What in Woods is introspection and critical discourse, a branding and cathartic surgery for the collective psyche, dwindles into petty bourgeois conformism and cheap opera in von Gerkhan.(For instance, von Gerkhan’s suggestion that Piata Unirii be transformed into a lake is downright ludicrous: the Bucharest subway gets damp and wet with every rain drop – there is no need for a huge water platform on top of it.)
And do not make the mistake to imagine that the cathedrals of consumerism von Gerkhan saw rising around a House of the Republic that remains intact and continues as the center of ultimate state power are more feasible than Woods’ “meta-institutes.” The former are economically unavailing, and no sane investor will come to put in the money for the fantastic buildings imagined by von Gerkhan and appraised by the “Bucharest 2000” jury and the people who have taken a fancy to this model.
The latter are, frankly speaking, an eye sore, although some of the deconstructivist works seem, in the long run, rather picturesque than truly critical or subversive. The two proposals for cyborg-buildings in Sarajevo seem to me quite modest, if we are to compare them with the war ruins they once were.
Still, even if equally unlikely to become reality, the Sarajevo-Woods model is one of intellectual altitude, whereas the Bucharest-von Gerkhan model is one of incredible platitude.
To conclude, I will maintain the following: realistically speaking, Bucharest is closer to Istanbul than to Paris, but not for the reasons invoked by “experts” lost in reverie.

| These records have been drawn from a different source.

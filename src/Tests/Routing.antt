-- ===== src/Tests/Routing.antt =====
-- The route of a packet in a table of three entries, and a pass over four sockets.
use vt_mechanisms.Prelude.{
  Option, false, ℕ, ◌≡◌, refl, false, ◌||◌, List, [], ◌∷◌, ◌++◌, none, some, arith, ◌==◌,
  if◌then◌else◌, ℤ, pos, negsuc, codes, replicate,
}
use Prim.Native.String.{String}
use vt_mechanisms.Prelude.{◌*◌}
use vt_mechanisms.Routes.{cleanup}
use vt_mechanisms.Routes.Cleanup.{IsCleaned, cleanup_lem}
use vt_mechanisms.Heap.Access.{Ends}
use vt_mechanisms.LinkedList.{llist_init}
use vt_mechanisms.Routes.{Line, parse_line, populate_routing_list}
use vt_mechanisms.Routes.RoundTrip.{route_line, parse_line-route_line}
use vt_mechanisms.Routes.Populate.{Fresh, Parsed}
use vt_mechanisms.Routes.File.{Serves, populate_routing_list-Serves}
use vt_mechanisms.Heap.{Heap, ok}
use vt_mechanisms.LinkedList.{Llist, equals}
use vt_mechanisms.LinkedList.Linked.{Cells, elem, IsList}
use vt_mechanisms.Routes.{RoutingEntry, dst_ip, get_dst_sock_idx}
use vt_mechanisms.Routes.Lookup.{last_route, Routed, get_dst_sock_idx_lem}
use vt_mechanisms.Router.{Socket, not_ready, nothing_read, packet, forward}
use vt_mechanisms.Router.Forwards.{packets, any_ready, routed_prefix, some_unrouted, forward_lem}
use vt_mechanisms.Prelude.{◌+◌}
use vt_mechanisms.Router.{CommandOption, opt_i, opt_n, opt_f, Settings}
use vt_mechanisms.Router.Setup.{Outside, settings_of, set_up}
use vt_mechanisms.Router.Whole.{Sound, Reaches, set_up-Reaches}
use vt_mechanisms.Stub.{Cost}
use vt_mechanisms.RouterThread.{ThreadState, forward_all}
use vt_mechanisms.RouterThread.Sends.{Comes, Partly, forward_all-Sends}

abbrev table : Heap RoutingEntry
table = record {
  nodes =
      λ p. if p == 10 then some (elem 100 20 0) else if p == 20 then some (elem 200 0 10) else none;
  items = λ p.
      if p == 100
      then some (record { ip_address = codes "10.0.0.1"; output_if = codes "s1-eth1" })
      else if p == 200
      then some (record { ip_address = codes "10.0.0.2"; output_if = codes "s1-eth2" })
      else none;
}

abbrev routes : Llist RoutingEntry
routes = record { size = 2; head = 10; tail = 20; equals = equals }

abbrev cells : Cells
cells = (10, 100) ∷ (20, 200) ∷ []

abbrev pub entries : List RoutingEntry
entries =
    (record { ip_address = codes "10.0.0.1"; output_if = codes "s1-eth1" })
    ∷ (record { ip_address = codes "10.0.0.2"; output_if = codes "s1-eth2" })
    ∷ []

routes-IsList : IsList table.nodes routes cells
routes-IsList = record {
  size = refl;
  head = refl;
  tail = refl;
  linked = (refl, ground arith, refl, (refl, ground arith, refl, tt));
}

abbrev names : List (List ℕ)
names = codes "s1-eth1" ∷ codes "s1-eth2" ∷ []

-- a packet for 10.0.0.2
abbrev pkt : List ℕ
pkt = replicate 30 0 ++ 10 ∷ 0 ∷ 0 ∷ 2 ∷ []

get_dst_sock_idx_example :
    (r : ℤ) × (get_dst_sock_idx pkt names routes table ≡ ok r table)
    × Routed names (last_route (dst_ip pkt) entries) r
get_dst_sock_idx_example =
    get_dst_sock_idx_lem table routes cells entries routes-IsList
      (refl, ground arith, (refl, ground arith, tt)) pkt names

-- packets that begin with 9 have no route
abbrev route : List ℕ → ℤ
route [] = pos 0
route (b ∷ bs) = if b == 9 then negsuc 0 else pos b

abbrev sockets : List Socket
sockets = packet (1 ∷ []) ∷ not_ready ∷ packet (9 ∷ []) ∷ nothing_read ∷ []

forward_example :
    ((forward route sockets false).sent ≡ routed_prefix route (packets sockets))
    × ((forward route sockets false).repeated ≡ some_unrouted route (packets sockets))
    × ((forward route sockets false).runnable ≡ (any_ready sockets || false))
forward_example = forward_lem route sockets false

-- the thread with time left for all its calls
abbrev thread : ThreadState
thread = record {
  curr = pos 1000;
  did = [];
  sent = [];
  turns = replicate 20 (record { reply = []; stop = false; garbage = pos 1 });
}

abbrev fifty : Cost → Option ℤ
fifty c = some (pos 50)

forward_all_example :
    Comes
      (forward_all fifty route sockets false thread)
      (λ s'. s'.sent ≡ [] ++ routed_prefix route (packets sockets))
      (Partly fifty route [] (routed_prefix route (packets sockets)))
forward_all_example = forward_all-Sends fifty route sockets false thread

abbrev pub no_memory : Heap RoutingEntry
no_memory = record { nodes = λ p. none; items = λ p. none }

abbrev arrow : List ℕ
arrow = codes "\t=>"

parse_line-route_line_example :
    parse_line (route_line (codes "10.0.0.1") arrow 9 (codes "s1-eth1") ++ 0 ∷ []) 120
    ≡ some (record { ip_address = codes "10.0.0.1"; output_if = codes "s1-eth1" })
parse_line-route_line_example =
    parse_line-route_line (codes "10.0.0.1") arrow 9 (codes "s1-eth1") [] 120 (ground arith)
      (ground arith) refl (ground arith) (omega arith) (omega arith) (omega arith)

abbrev pub line : ℕ → String → String → Line
line n ip intf = record {
  text = route_line (codes ip) arrow 9 (codes intf) ++ 0 ∷ [];
  len = 120;
  new_entry = 100 * n;
  node = 10 * n;
  old_node = elem 7 7 7;
}

abbrev pub lines : List Line
lines = line 1 "10.0.0.1" "s1-eth1" ∷ line 2 "10.0.0.2" "s1-eth2" ∷ []

pub fresh : Fresh no_memory lines
fresh = ground arith

pub read : Parsed lines entries
unfolding parse_line
read = (omega arith, refl, (omega arith, refl, tt))

populate_routing_list-Serves_example :
    Ends (populate_routing_list lines llist_init no_memory) (Serves entries)
populate_routing_list-Serves_example =
    populate_routing_list-Serves lines no_memory entries fresh read

cleanup_example : Ends (cleanup routes table) (IsCleaned table cells entries)
cleanup_example =
    cleanup_lem table routes cells entries routes-IsList
      (refl, ground arith, (refl, ground arith, tt))

abbrev pub options : List CommandOption
options = opt_i (codes "s1") ∷ opt_n (codes "2") ∷ opt_f (codes "routes") ∷ []

-- every file is the one with the two lines, and every call is answered by 3
abbrev surroundings : Outside
surroundings = record {
  mallocs = λ i. 1000 + i;
  poll_set = 2000;
  file = λ path. some lines;
  kernel = λ tr c. pos 3;
}

file-lines :
    (read_lines : List Line)
    → surroundings.file (codes "routes") ≡ some read_lines
    → Fresh no_memory read_lines × Parsed read_lines entries
file-lines read_lines e = let same : lines ≡ read_lines = cc in rw (← same) (fresh, read)

abbrev asked : Settings
asked = record {
  switch_name = codes "s1";
  n_intfs = pos 2;
  routing_file_path = some (codes "routes");
}

asked_lem : settings_of options 0 ≡ some asked
unfolding settings_of
asked_lem = refl

set_up-Reaches_example : Reaches (Sound entries []) (set_up surroundings no_memory [] options 0)
set_up-Reaches_example =
    set_up-Reaches surroundings no_memory [] entries asked (codes "routes") refl (omega arith)
      file-lines options 0 asked_lem
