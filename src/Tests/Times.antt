-- ===== src/Tests/Times.antt =====
-- The table of costs, filled in an empty memory.
use vt_mechanisms.Prelude.{ℕ, ◌+◌, ◌≢◌, none, ℤ, Option, arith}
use vt_mechanisms.Heap.{Ptr, null, Heap, fault}
use vt_mechanisms.Heap.Access.{Ends}
use vt_mechanisms.LinkedList.Linked.{elem}
use vt_mechanisms.HashMap.{HashmapElem, HCmd}
use vt_mechanisms.Stub.{
  Cost, Fresh, costs, init_func_times, recvfrom, raw_socket, set_promisc, intf_name_to_sock_idx,
  get_dst_sock_idx, send_packet, poll, flush_buffer,
}
use vt_mechanisms.Stub.Times.{
  Charges, Destroyed, Unused, init_func_times-Charges, init_func_times-Destroyed,
}

abbrev pub number : Cost → ℕ
number recvfrom = 1
number raw_socket = 2
number set_promisc = 3
number intf_name_to_sock_idx = 4
number get_dst_sock_idx = 5
number send_packet = 6
number poll = 7
number flush_buffer = 8

abbrev pub address : Cost → Ptr
address c = 300 + number c

abbrev pub fresh : Cost → Fresh
fresh c = record {
  new_elem = 100 + number c;
  old_elem = record { key = null; key_val = ℤ.pos 0; value = null; equals = null };
  node = 200 + number c;
  old_node = elem 0 0 0;
}

abbrev pub empty : Heap HashmapElem
empty = record { nodes = λ p. none; items = λ p. none }

pub unused : Unused fresh empty costs
unused = ground arith

pub addressed : (c : Cost) → address c ≢ null
addressed c e = omega (arith, e)

abbrev pub no_call : Ptr → Ptr → Ptr → HCmd ℤ
no_call f a b h = fault

abbrev pub no_ints : Ptr → Option ℤ
no_ints p = none

init_func_times-Charges_example :
    Ends (init_func_times address fresh no_call no_ints empty) (Charges fresh address)
init_func_times-Charges_example =
    init_func_times-Charges fresh address no_call no_ints empty unused addressed

init_func_times-Destroyed_example :
    Ends (init_func_times address fresh no_call no_ints empty) (Destroyed fresh address)
init_func_times-Destroyed_example =
    init_func_times-Destroyed fresh address no_call no_ints empty unused
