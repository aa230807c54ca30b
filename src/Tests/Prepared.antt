-- ===== src/Tests/Prepared.antt =====
-- The start of the virtual-time router with two interfaces and a file of two routes.
use vt_mechanisms.Prelude.{◌+◌, ◌≡◌, refl, true, List, some, arith, pos, negsuc, codes}
use vt_mechanisms.Routes.{Line}
use vt_mechanisms.Routes.Populate.{Fresh, Parsed}
use vt_mechanisms.Router.{Settings}
use vt_mechanisms.Router.Setup.{settings_of}
use vt_mechanisms.Start.Prepare.{Machine, prepare}
use vt_mechanisms.Start.Ready.{Ready, Prepares, prepare-Ready}
use vt_mechanisms.Tests.Routing.{lines, entries, no_memory, options, read}
use vt_mechanisms.Tests.Routing
use vt_mechanisms.Tests.Times.{address, empty, unused, addressed, no_call, no_ints}
use vt_mechanisms.Tests.Times

abbrev machine : Machine
machine = record {
  mallocs = λ i. 1000 + i;
  file = λ path. some lines;
  to_thread = pos 0;
  to_main = pos 0;
  child = pos 77;
  execs = negsuc 0;
  opened = true;
  address = address;
  fresh = Times.fresh;
  call = no_call;
  ints = no_ints;
}

file-lines :
    (read_lines : List Line)
    → machine.file (codes "routes") ≡ some read_lines
    → Fresh no_memory read_lines × Parsed read_lines entries
file-lines read_lines e = let same : lines ≡ read_lines = cc in rw (← same) (Routing.fresh, read)

abbrev asked : Settings
asked = record {
  switch_name = codes "s1";
  n_intfs = pos 2;
  routing_file_path = some (codes "routes");
}

asked_lem : settings_of options 0 ≡ some asked
unfolding settings_of
asked_lem = refl

prepare-Ready_example :
    Prepares machine 2
      (codes "routes")
      (Ready machine entries asked)
      (prepare machine no_memory empty options 0)
prepare-Ready_example =
    prepare-Ready machine no_memory empty entries options 0 asked (codes "routes") asked_lem
      (omega arith) refl file-lines unused addressed
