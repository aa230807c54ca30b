-- ===== src/Tests/Protocol.antt =====
-- A run of two rounds, the second of no time, and the texts on the pipes and from the kernel.
use vt_mechanisms.Prelude.{
  ℕ, zero, ◌+◌, ◌-◌, ◌≡◌, refl, false, List, [], ◌∷◌, ◌++◌, codes, some, arith, ℤ, pos, negsuc, ◌⊎◌,
  ◌≤ℤ◌, ◌-ℤ◌,
}
use vt_mechanisms.Decimal.{print_int, atoi}
use vt_mechanisms.Command.{parse_commands, results_text}
use vt_mechanisms.Command.RoundTrip.{print_tuples, parse_commands-print_tuples}
use vt_mechanisms.Prelude.{◌/◌}
use vt_mechanisms.Results.{write_results, going_on, write_results-short}
use vt_mechanisms.Command.Ends.{parse_commands-total}
use vt_mechanisms.Stub.{pipe_send, pipe_read}
use vt_mechanisms.Stub.Account.{update_stub_reports}
use vt_mechanisms.Rounds.{
  fetching, waiting, starting, awaiting, running, exited, World, world, report, elapse, after_first,
  Step, fetch_advance, see_running, send_advance, receive, first_reply, finish_round, Reach, here,
  next,
}
use vt_mechanisms.Rounds.Clock.{elapse-update_stub}
use vt_mechanisms.Rounds.Messages.{
  OneMessage, Reach-OneMessage, Commands, Reach-Commands, zero_round_stuck,
}

-- `|12,3000|7,4500`, NUL and one more byte
abbrev buffer : List ℕ
buffer =
    b'|' ∷ b'1' ∷ b'2' ∷ b',' ∷ b'3' ∷ b'0' ∷ b'0' ∷ b'0' ∷ b'|' ∷ b'7' ∷ b',' ∷ b'4' ∷ b'5' ∷ b'0'
    ∷ b'0' ∷ 0 ∷ 0 ∷ []

parse_commands-total_example :
    (r : ℤ) × (parse_commands buffer ≡ some r) × ((r ≡ negsuc 0) ⊎ (pos 0 ≤ℤ r))
parse_commands-total_example = parse_commands-total buffer 15 refl

-- `|12,3000|7,4500`
parse_commands-print_tuples_example :
    parse_commands (print_tuples 12 3000 ((7, 4500) ∷ []) ++ 0 ∷ 0 ∷ []) ≡ some (pos (4500 / 1000))
parse_commands-print_tuples_example =
    parse_commands-print_tuples 12 3000 ((7, 4500) ∷ []) (0 ∷ [])
      (omega arith, omega arith, omega arith) ((omega arith, omega arith, omega arith), tt)

elapse-update_stub_example :
    elapse (pos 1000) 120 (pipe_read (pipe_send (pos 30))) ≡ pos (1000 + (50 + (50 + 0) + 50))
elapse-update_stub_example =
    elapse-update_stub 1000 120 (50 ∷ 50 ∷ []) 50 [] (pipe_send (pos 30)) (omega arith)
      (omega arith) (omega arith)
      (update_stub_reports 120 (50 ∷ 50 ∷ []) 50 [] (omega arith) (omega arith))

-- `main` has sent a round of 5 microseconds and waits.
first_round : Reach (world (waiting 5) starting (b'5' ∷ []) [] false false (pos 0))
unfolding pipe_send print_int
first_round = next (next (next here (fetch_advance (pos 0) 5)) (see_running 5)) (send_advance 5)

-- The thread has spent 50 and reported 45; the next round has no time.
zero_round : Reach (world (waiting zero) awaiting (b'0' ∷ []) [] false false (pos 50))
unfolding pipe_send print_int pipe_read atoi after_first report elapse ◌-ℤ◌
zero_round =
    let reads : Reach (world (waiting 5) (running (pos 5)) [] [] false false (pos 0)) =
      next first_round (first_reply (b'5') []) in
    let reported : Reach (world (waiting 5) awaiting [] (b'4' ∷ b'5' ∷ []) false false (pos 0)) =
      next reads (finish_round (pos 5) (pos 50) (pos 45) refl refl) in
    let heard : Reach (world (fetching (pos 45)) awaiting [] [] false false (pos 50)) =
      next reported (receive 5 (b'4') (b'5' ∷ [])) in
    next (next (next heard (fetch_advance (pos 45) zero)) (see_running zero)) (send_advance zero)

Reach-OneMessage_example : OneMessage (b'5' ∷ []) [] false
Reach-OneMessage_example =
    Reach-OneMessage (waiting 5) starting (b'5' ∷ []) [] false false (pos 0) first_round

Reach-Commands_example : Commands (waiting 5) (pipe_read (b'5' ∷ []))
Reach-Commands_example =
    Reach-Commands (waiting 5) starting (b'5') [] [] false false (pos 0) first_round

zero_round_stuck_example :
    Reach (world (waiting zero) exited [] [] false false (pos 50))
    × ((w : World) → ¬ Step (world (waiting zero) exited [] [] false false (pos 50)) w)
zero_round_stuck_example = zero_round_stuck (b'0') [] [] false false (pos 50) zero_round

-- "J,0," written in two parts
write_results-short_example :
    write_results (some 1 ∷ some (4 - 1) ∷ some 0 ∷ some 0 ∷ []) (pos 0)
    ≡ going_on [] (codes "J,0,")
unfolding results_text
write_results-short_example = write_results-short (pos 0) 1 2 (omega arith) (ground arith)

Paris and Istanbul are not – either positively or negatively – the cities we still believe they are.
As an anti-nostalgic treatment, there are three types of possible cures:
study visits to contemporary Istanbul, a live, developing city with a coherent personality and well-preserved monuments of a value, which we, living in the province of the province of any empire that ever chose to toss us in or out, cannot even dream of.
Detoxification visits to Paris, in order to realize that this dusty town on Dîmbovita’s banks does not even come close to the African or Magrebian ghettoes surrounding the City of Lights, not to speak of its center.
A serious study of the post-traumatic approach on urban violence taken up by Lebbeus Woods. He is the only one who, probably unconcerned with Bucharest, offers us a plausible investigation of the long-term moral and urban consequences of our collective acts in the, alas, so recent past.